Amélie Lallemand a réalisé une gamme de t-shirts bien particuliers, ornés d'une capture d'écran de vidéo pornographique et de broderies en guise de chastes cache-sexes. Il fallait tout de même qu'on en sache un peu plus.

Amélie peut être fière de son boulot (Crédit image : Théo Chapuis)

Lorsqu'on a rencontré Amélie Lallemand au Pitchfork Festival 2013, elle faisait figure d'Ovni parmi les exposants. Au milieu des stands de nail art, de coiffure, de marques de fringues ("à la fois street et pointu, tu vois"), on découvrait les créations osées de cette jeune artiste. Des t-shirts et des tote bags frappés d'une capture d'écran de vidéo pornographique... sur laquelle les organes génitaux étaient cachés par des broderies finement exécutées au crochet. Elle appelle d'ailleurs ces dernières ses "petites fleurs".

Une rencontre ultérieure avec la jeune artiste s'imposait. C'est dans sa propre chambre qu'elle nous accueille, là où elle travaille. Sans doute l'habitude de travailler seule : quelques années d'études de mathématiques l'auront convaincu qu'elle n'était pas faite pour cela et qu'oeuvre chez soi, finalement, a du bon.

"Question de confort". Après ses déboires scientifiques, Amélie s'oriente vers une carrière artistique et intègre les Beaux-Arts de Rueil-Malmaison. Même si elle avait déjà une intuition artistique, elle raconte :

C'est là-bas que je me suis ouverte à l'art contemporain et que j'ai mieux compris ses enjeux.

La vie d'artiste, quoi

Peu habituée à l'exercice de l'interview, elle hésite quand elle évoque son parcours, parsemé de choix qui l'ont obligé à ralentir un peu là où d'autres filent tout droit : "J'aimerais bien pouvoir dire que j'ai 25 ans...". Le scénario n'est pas nouveau : elle fait partie de ces artistes qui ont eu "pas mal de petits boulots". Elle se souvient avoir "bossé dans une galerie, des restaurants, une boutique, j'ai été assistante de direction, assistante commerciale et je travaillais mes projets à côté".

Les "fleurs" d'Amélie qu'elle coud sur ses t-shirts (Crédit image : Théo Chapuis)

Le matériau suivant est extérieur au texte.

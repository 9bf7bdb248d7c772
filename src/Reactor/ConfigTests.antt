-- ===== src/Reactor/ConfigTests.antt =====
-- The theorems on the configuration at concrete texts.
use rins.Prelude.{◌≡◌, refl, List, [], ◌∷◌, true, ok, fault, bad_pointer, arith}
use rins.Reactor.Text.{
  Text, text_eq, find, is_space, first_not_empty, trim_left, last_not_empty, trim_right, trim,
  index_of,
}
use rins.Reactor.Text.Trim.{leading}
use rins.Reactor.ConfigFile.{
  StrMap, is_at, is_section, split_lines, add_first, get_string, find_value, get_string_list,
  is_sep, get_bool, strcaseeq, to_lower, parse_number, read_signed, read_digits,
}
use rins.Reactor.ConfigFile.Log.{
  Directive, opens, sets, directive, entry_directive, entry_log, last_value, logged_value,
  load-last_value, load_and_get,
}
use rins.Reactor.ConfigFile.Lines.{print, load-print}
use rins.Reactor.ConfigFile.Numbers.{number, print_digits, parse_number-print_digits}
use rins.Reactor.ConfigFile.Lists.{pieces, get_string_list-pieces}

-- "[r]\n port = 80 \nport=81"
abbrev two_ports : Text
two_ports =
    b'[' ∷ b'r' ∷ b']' ∷ b'\n' ∷ b' ' ∷ b'p' ∷ b' ' ∷ b'=' ∷ b' ' ∷ b'8' ∷ b' ' ∷ b'\n' ∷ b'p'
    ∷ b'=' ∷ b'9' ∷ []

load-last_value_example : load_and_get two_ports (b'r' ∷ []) (b'p' ∷ []) [] ≡ ok (true, b'9' ∷ [])
unfolding entry_log last_value logged_value directive entry_directive is_section is_at split_lines
    add_first text_eq is_space first_not_empty trim_left last_not_empty trim_right trim index_of
load-last_value_example = load-last_value two_ports (b'r' ∷ []) (b'p' ∷ []) []

-- An entry before the first section
stray_entry : load_and_get ((b'p' ∷ b'=' ∷ b'9' ∷ [])) [] [] [] ≡ fault bad_pointer
unfolding entry_log last_value logged_value directive entry_directive is_section is_at split_lines
    add_first is_space first_not_empty trim_left last_not_empty trim_right trim index_of
stray_entry = load-last_value (b'p' ∷ b'=' ∷ b'9' ∷ []) [] [] []

abbrev one_entry : List Directive
one_entry = opens (b'r' ∷ []) ∷ sets (b'p' ∷ []) (b'8' ∷ b' ' ∷ b'9' ∷ []) ∷ []

load-print_example :
    load_and_get ((print one_entry)) (b'r' ∷ []) (b'p' ∷ []) [] ≡ ok (true, b'8' ∷ b' ' ∷ b'9' ∷ [])
unfolding entry_log last_value logged_value text_eq leading is_space is_at
load-print_example = load-print one_entry (b'r' ∷ []) (b'p' ∷ []) [] (
  record { tight = (refl, refl); full = omega arith; one_line = (refl, tt) },
  (
    (
      record {
        tight = (refl, refl);
        one_line = (refl, tt);
        full = omega arith;
        no_equals = (refl, tt);
        no_bracket = refl;
        no_hash = refl;
        no_semicolon = refl;
      },
      ((refl, refl), (refl, (refl, (refl, tt)))),
    ),
    tt,
  ),
)

-- "1,\t2," under the key "l" of the section "r"
abbrev with_list : StrMap
with_list = (b'r' ∷ [], (b'l' ∷ [], b'1' ∷ b',' ∷ b'\t' ∷ b'2' ∷ b',' ∷ []) ∷ []) ∷ []

get_string_list-pieces_example :
    get_string_list (b'r' ∷ []) (b'l' ∷ []) with_list ≡ ok ((b'1' ∷ []) ∷ (b'2' ∷ []) ∷ [])
unfolding pieces add_first is_sep get_string find_value find text_eq
get_string_list-pieces_example = get_string_list-pieces (b'r' ∷ []) (b'l' ∷ []) with_list

-- A value that says false does not override a default that is true.
get_bool_false :
    get_bool (b'r' ∷ []) (b'l' ∷ []) true ((b'r' ∷ [], (b'l' ∷ [], b'f' ∷ []) ∷ []) ∷ []) ≡ true
unfolding get_bool find_value find text_eq strcaseeq to_lower
get_bool_false = refl

negative_number : parse_number (b' ' ∷ b'-' ∷ b'1' ∷ b'2' ∷ b'x' ∷ []) ≡ 4294967284
unfolding parse_number read_signed read_digits first_not_empty is_space
negative_number = refl

-- "1024"
reads_digits : parse_number (print_digits (1 ∷ 0 ∷ 2 ∷ 4 ∷ [])) ≡ 1024
unfolding number
reads_digits =
    parse_number-print_digits (1 ∷ 0 ∷ 2 ∷ 4 ∷ [])
      (omega arith, (omega arith, (omega arith, (omega arith, tt)))) (omega arith)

Aujourd'hui, Amélie Lallemand a déposé sa marque pour sortir ses propres produits et est désormais auto-entrepreneur. Ce qui n'était pas vraiment naturel pour elle : "En tant qu'artiste, tu fais des travaux et après il faut les vendre. Mais ce n'est pas quelque chose qu'on t'apprend aux Beaux-Arts : comment se vendre, où se vendre..." regrette-t-elle.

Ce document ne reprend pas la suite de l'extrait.